The various language package distribution channels (npm, pypi, rubygems, etc) are used for two different primary distribution purposes, for both libraries and applications. Generally speaking the extant behavior is reasonable for a library. Libraries should be relatively liberal on their own dependencies baring perhaps major versions to minimize conflicts for applications depending on them and ideally consist of minimal dependencies graphs. But for applications distribution, repeatable and verifyable installs are fundamental goals with potentially large dependency graphs. Using a frozen dependency graph versus version specifications is the only way to ensure repeatiblity of installation over time. Fundamentally the two different distribution purposes have different audiences, ie. libraries have developers and applications as consumers, applications have users as consumers.
## What
A post build / pre publish command to allow for creating wheels with frozen dependencies. Basically we update wheel metadata for Requires-Dist to replace the pyproject.toml based version specification to a frozen (ie. ==version) one based on the version from the poetry lock information.

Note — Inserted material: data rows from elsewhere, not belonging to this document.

-- ===== src/TcpIp/Stack/Deaf.antt =====
-- The segments that tcp_rx drops because it looks up addresses of its own.
use feather_os.Prelude.{ℕ, ◌<◌, ◌≡◌, refl, ◌⊎◌, inl, inr, false, none, some, List, [], ◌∷◌, arith}
use feather_os.Prelude.Int.{negsuc}
use feather_os.TcpIp.Address.{ip_addr_equal}
use feather_os.TcpIp.Route.{zero_address}
use feather_os.TcpIp.Socket.{Socket, Segment}
use feather_os.TcpIp.Stack.{NetStack}
use feather_os.TcpIp.Stack.Receive.{socket_lookup, deliver, tcp_rx}

-- Not connected, or connected to an address other than 0.0.0.0.
abbrev pub IsReal : Socket → Type 0
IsReal s = (s.remote_port ≡ 0) ⊎ (ip_addr_equal (some s.remote_addr) (some zero_address) ≡ false)

abbrev pub AllReal : List Socket → Type 0
AllReal [] = Unit
AllReal (s ∷ ss) = IsReal s × AllReal ss

lookup-none :
    (dest src : ℕ) (ss : List Socket)
    → 0 < src
    → AllReal ss
    → socket_lookup (some zero_address) dest (some zero_address) src ss ≡ none
unfolding socket_lookup
lookup-none dest src [] p all = refl
lookup-none dest src (s ∷ ss) p (inl free, all) = ground (arith, lookup-none dest src ss p all)
lookup-none dest src (s ∷ ss) p (inr far, all) = ground (arith, lookup-none dest src ss p all)

-- Where each socket is either not connected or connected to an address other than 0.0.0.0, tcp_rx
-- drops every segment with a nonzero source port: it answers -1 and changes no socket.
pub tcp_rx_deaf :
    (seg : Segment) (st : NetStack)
    → 0 < seg.src_port
    → AllReal st.sockets
    → tcp_rx seg st ≡ (st, negsuc 0)
unfolding tcp_rx deliver
tcp_rx_deaf seg st p all = ground (arith, lookup-none seg.dest_port seg.src_port st.sockets p all)
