-- ===== src/TcpIp/Stack/Events.antt =====
-- The calls of the stack and what arrives from the network, as one sequence of events.
use feather_os.Prelude.{ℕ, Option, List, [], ◌∷◌}
use feather_os.Prelude.Int.{ℤ}
use feather_os.TcpIp.Address.{IpAddr}
use feather_os.TcpIp.Socket.{Socket, Segment, tcp_send, socket_recv}
use feather_os.TcpIp.Stack.{
  NetStack, Memory, with_socket, socket_create, tcp_socket, socket_bind, tcp_listen, tcp_accept,
  socket_connect, socket_close, tcp_close,
}
use feather_os.TcpIp.Stack.Receive.{Datagram, tcp_rx, udp_rx}

abbrev read_socket : ℕ → Socket → Socket × ℤ
read_socket len s = let r = socket_recv s len in (r.0, r.2)

-- The calls of the stack, and what arrives from the network.
pub data NetEvent : Type 0 where
  creates : Memory → ℕ → ℕ → ℕ → NetEvent
  creates_tcp : Memory → ℕ → ℕ → NetEvent
  binds : ℕ → Option IpAddr → ℕ → NetEvent
  listens : ℕ → NetEvent
  accepts : ℕ → NetEvent
  connects : ℕ → Option IpAddr → ℕ → NetEvent
  sends : ℕ → Option (ℕ → ℕ) → ℕ → NetEvent
  receives : ℕ → ℕ → NetEvent
  closes : ℕ → NetEvent
  closes_tcp : ℕ → NetEvent
  segment : Segment → NetEvent
  datagram : Datagram → NetEvent

unfoldable pub handle : NetEvent → NetStack → NetStack
handle (creates mem family type protocol) st = (socket_create mem family type protocol st).0
handle (creates_tcp mem type protocol) st = (tcp_socket mem type protocol st).0
handle (binds fd addr port) st = (with_socket fd (socket_bind addr port) st).0
handle (listens fd) st = (with_socket fd tcp_listen st).0
handle (accepts fd) st = (tcp_accept fd st).0
handle (connects fd addr port) st = (socket_connect fd addr port st).0
handle (sends fd bytes len) st = (with_socket fd (λ s. tcp_send s bytes len) st).0
handle (receives fd len) st = (with_socket fd (read_socket len) st).0
handle (closes fd) st = (socket_close fd st).0
handle (closes_tcp fd) st = (tcp_close fd st).0
handle (segment seg) st = (tcp_rx seg st).0
handle (datagram d) st = (udp_rx d st).0

unfoldable pub handle_all : List NetEvent → NetStack → NetStack
handle_all [] st = st
handle_all (e ∷ es) st = handle_all es (handle e st)
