-- ===== src/TcpIp/Stack/Runs.antt =====
-- The invariant over every sequence of calls and packets.
use feather_os.TcpIp.Socket.{Socket}
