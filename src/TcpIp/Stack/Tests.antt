-- ===== src/TcpIp/Stack/Tests.antt =====
-- A server that listens and gets a segment, and the theorems at it.
use feather_os.Prelude.{◌≡◌, refl, inl, true, false, some, List, [], ◌∷◌, arith}
use feather_os.Prelude.Int.{negsuc}
use feather_os.TcpIp.Route.{zero_address}
use feather_os.TcpIp.Socket.{Socket, listen, listening, tcp_wnd, Segment}
use feather_os.TcpIp.Stack.{NetStack, new_socket, Memory}
use feather_os.TcpIp.Stack.Receive.{tcp_rx}
use feather_os.TcpIp.Stack.Events.{NetEvent, creates_tcp, binds, listens}
use feather_os.TcpIp.Stack.Deaf.{tcp_rx_deaf}

abbrev memory : Memory
memory = record { has_socket = true; has_buffers = true; send_cells = λ x. 0; recv_cells = λ x. 0 }

abbrev echo : List NetEvent
echo = creates_tcp memory 1 0 ∷ binds 1 (some zero_address) 7 ∷ listens 1 ∷ []

abbrev server : Socket
server = record (new_socket 1 2 1 0 (λ x. 0) (λ x. 0)) {
  local_port = 7;
  state = listening;
  tcp_state = listen;
  snd_wnd = tcp_wnd;
  rcv_wnd = tcp_wnd;
}

abbrev syn_segment : Segment
syn_segment = record {
  src_port = 40000;
  dest_port = 7;
  seq_num = 1;
  ack_num = 0;
  data_offset = 80;
  fin = false;
  syn = true;
  rst = false;
  psh = false;
  ack = false;
  len = 20;
  bytes = λ i. 0;
}

abbrev one_server : NetStack
one_server = record { sockets = server ∷ []; socket_count = 1; next_fd = 2; tcp_isn = 0x10000000 }

tcp_rx_deaf_example : tcp_rx syn_segment one_server ≡ (one_server, negsuc 0)
unfolding new_socket
tcp_rx_deaf_example = tcp_rx_deaf syn_segment one_server (omega arith) (inl refl, tt)
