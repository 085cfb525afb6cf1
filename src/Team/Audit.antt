-- ===== src/Team/Audit.antt =====
-- AuditLogTab and its FilterChips (components/Teams.js). What the user does, and the answers of the
-- server, are events.
use pikoci.Base.{
  ℕ, zero, suc, Bool, true, false, not, ◌&&◌, ◌||◌, Option, none, some, List, [], ◌∷◌, ◌++◌, String,
  map, any, if◌then◌else◌, ◌==◌, text_equality,
}

pub record Filter : Type 0 where
  pub value : String
  pub exclude : Bool

pub record Entry : Type 0 where
  pub id : ℕ
  pub actor : String
  pub action : String

-- What the server is asked for; `before` is the parameter of that name.
pub record Query : Type 0 where
  pub params : List (String × String)
  pub before : Option ℕ

-- `resp.data` and `resp.meta.has_more`
pub record Page : Type 0 where
  pub data_entries : List Entry
  pub more : Bool

-- What is done with the answer to a query: it replaces the entries, or stands behind them.
pub data Request : Type 0 where
  replacing : Query → Request
  appending : Query → Request

pub data Kind : Type 0 where
  user action pipeline : Kind

pub record Log : Type 0 where
  pub entries : List Entry
  pub has_more : Bool
  pub users : List Filter
  pub actions : List Filter
  pub pipelines : List Filter
  pub since : String
  pub until : String
  pub waiting : Option Request

-- `handleAdd`, with the empty filter that `addFilter` makes.
unfoldable pub add_filter : String → List Filter → List Filter
add_filter value items =
    if value == "" || any (λ i. i.value == value) items
    then items
    else items ++ (record { value = value; exclude = false }) ∷ []

-- `removeFilter`
unfoldable pub remove_filter : ℕ → List Filter → List Filter
remove_filter i [] = []
remove_filter zero (f ∷ fs) = fs
remove_filter (suc i) (f ∷ fs) = f ∷ remove_filter i fs

-- `toggleFilter`
unfoldable pub toggle_filter : ℕ → List Filter → List Filter
toggle_filter i [] = []
toggle_filter zero (f ∷ fs) = record f { exclude = not f.exclude } ∷ fs
toggle_filter (suc i) (f ∷ fs) = f ∷ toggle_filter i fs

unfoldable pub on_list : Kind → (List Filter → List Filter) → Log → Log
on_list user change s = record s { users = change s.users }
on_list action change s = record s { actions = change s.actions }
on_list pipeline change s = record s { pipelines = change s.pipelines }

-- The loops of `buildSearchParams`.
unfoldable pub filter_params : String → String → List Filter → List (String × String)
filter_params name excluded fs = map (λ f. (if f.exclude then excluded else name, f.value)) fs

-- `new Date(text).toISOString()` is `iso`.
unfoldable pub time_param : (String → String) → String → String → List (String × String)
time_param iso name time = if time == "" then [] else (name, iso time) ∷ []

-- `buildSearchParams`
unfoldable pub search_params : (String → String) → Log → Option ℕ → Query
search_params iso s before = record {
  params =
      filter_params "user" "exclude_user" s.users
      ++ (filter_params "action" "exclude_action" s.actions
          ++ (filter_params "pipeline" "pipeline" s.pipelines
              ++ (time_param iso "since" s.since ++ time_param iso "until" s.until)));
  before = before;
}

unfoldable pub oldest : List Entry → Option ℕ
oldest [] = none
oldest (e ∷ es) = elim es [ [] ↦ some e.id | _ ∷ _ ↦ oldest es ]

unfoldable pub is_idle : Option Request → Bool
is_idle none = true
is_idle (some _) = false

-- `loadEntries`
unfoldable pub load_entries : (String → String) → Log → Log
load_entries iso s = record s { waiting = some (replacing (search_params iso s none)) }

unfoldable pub ask_more : (String → String) → Option ℕ → Log → Log
ask_more iso none s = s
ask_more iso (some id) s = record s { waiting = some (appending (search_params iso s (some id))) }

-- `loadMore`
unfoldable pub load_more : (String → String) → Log → Log
load_more iso s = ask_more iso (oldest s.entries) s

unfoldable pub answer : Page → Option Request → Log → Log
answer p none s = s
answer p (some (replacing q)) s = record s {
  entries = p.data_entries;
  has_more = p.more;
  waiting = none;
}
answer p (some (appending q)) s = record s {
  entries = s.entries ++ p.data_entries;
  has_more = p.more;
  waiting = none;
}

pub data Event : Type 0 where
  added : Kind → String → Event
  removed : Kind → ℕ → Event
  toggled : Kind → ℕ → Event
  since_typed : String → Event
  until_typed : String → Event
  applied : Event
  pressed_more : Event
  answered : Page → Event
  failed : Event

-- The badges of pipelines are not toggled; the buttons are disabled while a query runs.
unfoldable pub step : (String → String) → Event → Log → Log
step iso (added kind value) s = on_list kind (add_filter value) s
step iso (removed kind i) s = on_list kind (remove_filter i) s
step iso (toggled user i) s = on_list user (toggle_filter i) s
step iso (toggled action i) s = on_list action (toggle_filter i) s
step iso (toggled pipeline i) s = s
step iso (since_typed time) s = record s { since = time }
step iso (until_typed time) s = record s { until = time }
step iso applied s = if is_idle s.waiting then load_entries iso s else s
step iso pressed_more s = if is_idle s.waiting && s.has_more then load_more iso s else s
step iso (answered p) s = answer p s.waiting s
step iso failed s = record s { waiting = none }

unfoldable pub run : (String → String) → List Event → Log → Log
run iso [] s = s
run iso (e ∷ events) s = run iso events (step iso e s)

-- The tab when it is opened: the effect asks for the first page.
unfoldable pub opened : (String → String) → Log
opened iso = load_entries iso (record {
  entries = [];
  has_more = false;
  users = [];
  actions = [];
  pipelines = [];
  since = "";
  until = "";
  waiting = none;
})
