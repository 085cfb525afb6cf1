-- ===== src/Team/Parameters.antt =====
-- The parameters of a query, read as filters.
use pikoci.Base.{
  Bool, true, false, List, [], ◌∷◌, ◌++◌, String, ◌≡◌, refl, ap, ◌∙◌, if◌then◌else◌, ◌==◌, ==_refl,
  text_equality, Bool-cases, inl, inr, All,
}
use pikoci.Team.Audit.{Filter, filter_params, time_param}

-- The filters that parameters stand for, by the name for what is kept and that for what is left out.
abbrev pub filters_in : String → String → List (String × String) → List Filter
filters_in name excluded [] = []
filters_in name excluded ((key, value) ∷ params) =
    let rest = filters_in name excluded params in
    if key == name
    then record { value = value; exclude = false } ∷ rest
    else if key == excluded
    then record { value = value; exclude = true } ∷ rest
    else rest

filters_in-append :
    (name excluded : String) (ps qs : List (String × String))
    → filters_in name excluded (ps ++ qs)
      ≡ filters_in name excluded ps ++ filters_in name excluded qs
filters_in-append name excluded [] qs = refl
filters_in-append name excluded ((key, value) ∷ ps) qs = elim (Bool-cases (key == name)) [
  | inl e ↦ rw (e, filters_in-append name excluded ps qs) refl
  | inr e ↦ elim (Bool-cases (key == excluded)) [
    | inl k ↦ rw (e, k, filters_in-append name excluded ps qs) refl
    | inr k ↦ rw (e, k, filters_in-append name excluded ps qs) refl
  ]
]

own_key :
    (name excluded value : String) (exclude : Bool) (ps : List (String × String))
    → (excluded == name) ≡ false
    → filters_in name excluded ((if exclude then excluded else name, value) ∷ ps)
      ≡ record { value = value; exclude = exclude } ∷ filters_in name excluded ps
own_key name excluded value true ps h = rw (h, ==_refl excluded) refl
own_key name excluded value false ps h = rw (==_refl name) refl

pub own_filters :
    (name excluded : String) (fs : List Filter)
    → (excluded == name) ≡ false
    → filters_in name excluded (filter_params name excluded fs) ≡ fs
unfolding filter_params
own_filters name excluded [] h = refl
own_filters name excluded (f ∷ fs) h =
    own_key name excluded f.value f.exclude (filter_params name excluded fs) h
    ∙ ap (λ rest. f ∷ rest) (own_filters name excluded fs h)

-- A name stands for no filter of a kind.
abbrev pub IsForeign : String → String → String → Type 0
IsForeign name excluded key = ((key == name) ≡ false) × ((key == excluded) ≡ false)

foreign_key :
    (name excluded key value : String) (ps : List (String × String))
    → IsForeign name excluded key
    → filters_in name excluded ((key, value) ∷ ps) ≡ filters_in name excluded ps
foreign_key name excluded key value ps (h, k) = rw (h, k) refl

pub foreign_filters :
    (name excluded a b : String) (fs : List Filter)
    → IsForeign name excluded a
    → IsForeign name excluded b
    → filters_in name excluded (filter_params a b fs) ≡ []
unfolding filter_params
foreign_filters name excluded a b [] h k = refl
foreign_filters name excluded a b (f ∷ fs) h k =
    foreign_key name excluded (if f.exclude then b else a) f.value (filter_params a b fs)
      (either_key f.exclude)
    ∙ foreign_filters name excluded a b fs h k
  where
    either_key : (x : Bool) → IsForeign name excluded (if x then b else a)
    either_key true = k
    either_key false = h

pub foreign_time :
    (name excluded : String) (iso : String → String) (key time : String)
    → IsForeign name excluded key
    → filters_in name excluded (time_param iso key time) ≡ []
unfolding time_param
foreign_time name excluded iso key time h = elim (Bool-cases (time == "")) [
  | inl e ↦ rw e refl
  | inr e ↦ rw e (foreign_key name excluded key (iso time) [] h)
]

-- Filters of pipelines are never turned round.
abbrev pub IsKept : Filter → Type 0
IsKept f = f.exclude ≡ false

kept_key :
    (value : String) (exclude : Bool) (ps : List (String × String))
    → exclude ≡ false
    → filters_in "pipeline" "" ((if exclude then "pipeline" else "pipeline", value) ∷ ps)
      ≡ record { value = value; exclude = exclude } ∷ filters_in "pipeline" "" ps
kept_key value true ps h = cc
kept_key value false ps h = refl

pub kept_filters :
    (fs : List Filter)
    → All IsKept fs
    → filters_in "pipeline" "" (filter_params "pipeline" "pipeline" fs) ≡ fs
unfolding filter_params
kept_filters [] h = refl
kept_filters (f ∷ fs) h =
    kept_key f.value f.exclude (filter_params "pipeline" "pipeline" fs) h.0
    ∙ ap (λ rest. f ∷ rest) (kept_filters fs h.1)

-- The five parts of the parameters.
pub in_parts :
    (name excluded : String) (a b c d e : List (String × String))
    → filters_in name excluded (a ++ (b ++ (c ++ (d ++ e))))
      ≡ filters_in name excluded a
        ++ (filters_in name excluded b
            ++ (filters_in name excluded c
                ++ (filters_in name excluded d ++ filters_in name excluded e)))
in_parts name excluded a b c d e =
    rw
      (
        filters_in-append name excluded a (b ++ (c ++ (d ++ e))),
        filters_in-append name excluded b (c ++ (d ++ e)),
        filters_in-append name excluded c (d ++ e),
        filters_in-append name excluded d e,
      )
      refl
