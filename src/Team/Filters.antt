-- ===== src/Team/Filters.antt =====
-- The parameters say which filters the three lists hold.
use mathlib.Core.List.{append-nil}
use pikoci.Base.{
  ℕ, zero, suc, Bool, true, false, ◌&&◌, ◌||◌, none, some, List, [], ◌∷◌, ◌++◌, String, any, ◌≡◌,
  refl, ◌∙◌, if◌then◌else◌, ◌==◌, text_equality, Bool-cases, Option, inl, inr, All, All-append,
}
use pikoci.Team.Audit.{
  Filter, Query, Request, replacing, appending, Page, is_idle, Kind, user, action, pipeline, Log,
  add_filter, remove_filter, on_list, filter_params, time_param, search_params, load_entries,
  load_more, ask_more, answer, oldest, Event, added, removed, toggled, since_typed, until_typed,
  applied, pressed_more, answered, failed, step, run, opened,
}
use pikoci.Team.Parameters.{
  filters_in, IsForeign, IsKept, own_filters, foreign_filters, foreign_time, kept_filters, in_parts,
}

-- The parameters stand for the filters of the three lists.
abbrev pub IsAsked : Log → Query → Type 0
IsAsked s q =
    (filters_in "user" "exclude_user" q.params ≡ s.users)
    × (filters_in "action" "exclude_action" q.params ≡ s.actions)
    × (filters_in "pipeline" "" q.params ≡ s.pipelines)

times_empty :
    (name excluded : String) (iso : String → String) (since until : String)
    → IsForeign name excluded "since"
    → IsForeign name excluded "until"
    → filters_in name excluded (time_param iso "since" since)
        ++ filters_in name excluded (time_param iso "until" until)
      ≡ []
times_empty name excluded iso since until h k =
    rw
      (
        foreign_time name excluded iso "since" since h,
        foreign_time name excluded iso "until" until k,
      )
      refl

search_params-parts :
    (name excluded : String) (iso : String → String) (s : Log) (before : Option ℕ)
    → filters_in name excluded (search_params iso s before).params
      ≡ filters_in name excluded (filter_params "user" "exclude_user" s.users)
        ++ (filters_in name excluded (filter_params "action" "exclude_action" s.actions)
            ++ (filters_in name excluded (filter_params "pipeline" "pipeline" s.pipelines)
                ++ (filters_in name excluded (time_param iso "since" s.since)
                    ++ filters_in name excluded (time_param iso "until" s.until))))
unfolding search_params
search_params-parts name excluded iso s before =
    in_parts name excluded (filter_params "user" "exclude_user" s.users)
      (filter_params "action" "exclude_action" s.actions)
      (filter_params "pipeline" "pipeline" s.pipelines) (time_param iso "since" s.since)
      (time_param iso "until" s.until)

search_params-IsAsked :
    (iso : String → String) (s : Log) (before : Option ℕ)
    → All IsKept s.pipelines
    → IsAsked s (search_params iso s before)
search_params-IsAsked iso s before h = (
  search_params-parts "user" "exclude_user" iso s before
      ∙ rw
          (
            own_filters "user" "exclude_user" s.users refl,
            foreign_filters "user" "exclude_user" "action" "exclude_action" s.actions (refl, refl)
                (refl, refl),
            foreign_filters "user" "exclude_user" "pipeline" "pipeline" s.pipelines (refl, refl)
                (refl, refl),
            times_empty "user" "exclude_user" iso s.since s.until (refl, refl) (refl, refl),
          )
          (append-nil s.users),
  search_params-parts "action" "exclude_action" iso s before
      ∙ rw
          (
            own_filters "action" "exclude_action" s.actions refl,
            foreign_filters "action" "exclude_action" "user" "exclude_user" s.users (refl, refl)
                (refl, refl),
            foreign_filters "action" "exclude_action" "pipeline" "pipeline" s.pipelines (refl, refl)
                (refl, refl),
            times_empty "action" "exclude_action" iso s.since s.until (refl, refl) (refl, refl),
          )
          (append-nil s.actions),
  search_params-parts "pipeline" "" iso s before
      ∙ rw
          (
            kept_filters s.pipelines h,
            foreign_filters "pipeline" "" "user" "exclude_user" s.users (refl, refl) (refl, refl),
            foreign_filters "pipeline" "" "action" "exclude_action" s.actions (refl, refl)
                (refl, refl),
            times_empty "pipeline" "" iso s.since s.until (refl, refl) (refl, refl),
          )
          (append-nil s.pipelines),
)

add_filter-IsKept :
    (value : String) (fs : List Filter) → All IsKept fs → All IsKept (add_filter value fs)
unfolding add_filter
add_filter-IsKept value fs h = elim (Bool-cases (value == "" || any (λ i. i.value == value) fs)) [
  | inl e ↦ rw e h
  | inr e ↦ rw e (All-append IsKept fs _ h (refl, tt))
]

remove_filter-IsKept : (i : ℕ) (fs : List Filter) → All IsKept fs → All IsKept (remove_filter i fs)
unfolding remove_filter
remove_filter-IsKept i [] h = h
remove_filter-IsKept zero (f ∷ fs) h = h.1
remove_filter-IsKept (suc i) (f ∷ fs) h = (h.0, remove_filter-IsKept i fs h.1)

IsPlain : Log → Type 0
IsPlain s = All IsKept s.pipelines

either_log : (b : Bool) (s t : Log) → IsPlain s → IsPlain t → IsPlain (if b then s else t)
either_log true s t h k = h
either_log false s t h k = k

answer-IsPlain : (p : Page) (o : Option Request) (s : Log) → IsPlain s → IsPlain (answer p o s)
unfolding answer IsPlain
answer-IsPlain p none s h = h
answer-IsPlain p (some (replacing q)) s h = h
answer-IsPlain p (some (appending q)) s h = h

on_list-IsPlain :
    (kind : Kind) (change : List Filter → List Filter) (s : Log)
    → ((fs : List Filter) → All IsKept fs → All IsKept (change fs))
    → IsPlain s
    → IsPlain (on_list kind change s)
unfolding on_list IsPlain
on_list-IsPlain user change s k h = h
on_list-IsPlain action change s k h = h
on_list-IsPlain pipeline change s k h = k s.pipelines h

ask_more-IsPlain :
    (iso : String → String) (o : Option ℕ) (s : Log) → IsPlain s → IsPlain (ask_more iso o s)
unfolding ask_more IsPlain
ask_more-IsPlain iso none s h = h
ask_more-IsPlain iso (some id) s h = h

step-IsPlain : (iso : String → String) (e : Event) (s : Log) → IsPlain s → IsPlain (step iso e s)
unfolding step on_list load_entries load_more IsPlain
step-IsPlain iso (added kind value) s h =
    on_list-IsPlain kind (add_filter value) s (add_filter-IsKept value) h
step-IsPlain iso (removed kind i) s h =
    on_list-IsPlain kind (remove_filter i) s (remove_filter-IsKept i) h
step-IsPlain iso (toggled user i) s h = h
step-IsPlain iso (toggled action i) s h = h
step-IsPlain iso (toggled pipeline i) s h = h
step-IsPlain iso (since_typed time) s h = h
step-IsPlain iso (until_typed time) s h = h
step-IsPlain iso applied s h = either_log (is_idle s.waiting) _ s h h
step-IsPlain iso pressed_more s h =
    either_log (is_idle s.waiting && s.has_more) (load_more iso s) s
      (ask_more-IsPlain iso (oldest s.entries) s h) h
step-IsPlain iso (answered p) s h = answer-IsPlain p s.waiting s h
step-IsPlain iso failed s h = h

run-IsPlain :
    (iso : String → String) (events : List Event) (s : Log) → IsPlain s → IsPlain (run iso events s)
unfolding run
run-IsPlain iso [] s h = h
run-IsPlain iso (e ∷ events) s h = run-IsPlain iso events (step iso e s) (step-IsPlain iso e s h)

-- Whatever the user did, the parameters of a query stand for exactly the filters of the three lists,
-- in their order, kept or left out as they say.
pub search_params-filters :
    (iso : String → String) (events : List Event) (before : Option ℕ)
    → IsAsked (run iso events (opened iso)) (search_params iso (run iso events (opened iso)) before)
unfolding opened load_entries IsPlain
search_params-filters iso events before =
    search_params-IsAsked iso (run iso events (opened iso)) before
      (run-IsPlain iso events (opened iso) tt)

Note we can't use poetry to publish because the frozen wheel because it uses metadata from pyproject.toml instead
of frozen wheel metadata.
### Optional Dependencies
Frozen wheel metadata will contain [Provides-Extra](https://packaging.python.org/en/latest/specifications/core-metadata/#provides-extra-multiple-use) entries for any [extra / optional dependencies](https://packaging.python.org/en/latest/specifications/declaring-project-metadata/#dependencies-optional-dependencies). Frozen [Requires-Dist](https://packaging.python.org/en/latest/specifications/core-metadata/#core-metadata-requires-dist) lines will specify `extra` names _for packages that appear only in the optional/extra dependency graph.
If a package appears as both a nested "main" dependency and also as an "extra" dependency, its `Requires-Dist` entry in the frozen wheel _will not_ specify an extra name.
To define this behavior in relation to poetry's [export plugin](https://github.com/python-poetry/poetry-plugin-export/), these two flows should result in the same installed package set:
```console
# Export Flow
poetry export -f requirements.txt > requirements.txt && pip install -r requirements.txt
# Freeze-wheel Flow
poetry build && poetry freeze-wheel && pip install my_frozen_wheel
```
And introducing extras:
```console
# Export Flow
poetry export --extras gcp -f requirements.txt && pip install -r requirements.txt
# Freeze-wheel Flow
poetry build && poetry freeze-wheel && pip install my_frozen_wheel[gcp]
```
The difference is in when to choose which extras to install - `export` does that at freeze time. `freeze-wheel` embeds the extra _context_ at freeze time, but defers the actual extra selection until install time.
## Usage
```shell
# install plugin
poetry self add poetry-plugin-freeze
# build per normal
poetry build
# add freeze step
poetry freeze-wheel
# avoid freezing specific packages
poetry freeze-wheel --exclude boto3 -e attrs
# Note we can't use poetry to publish because it uses metadata from pyproject.toml instead
# of frozen wheel metadata.
# publish per normal
twine upload dist/*.whl
```
## Mono-Repo Support
To support mono repos consisting of multiple libraries/applications, when creating a frozen wheel, main group dependencies specified by path can be optionally substituted out for references to their release artifact versions.
This assumes automation to run build and publish across the various subpackages, ie typically via make or just.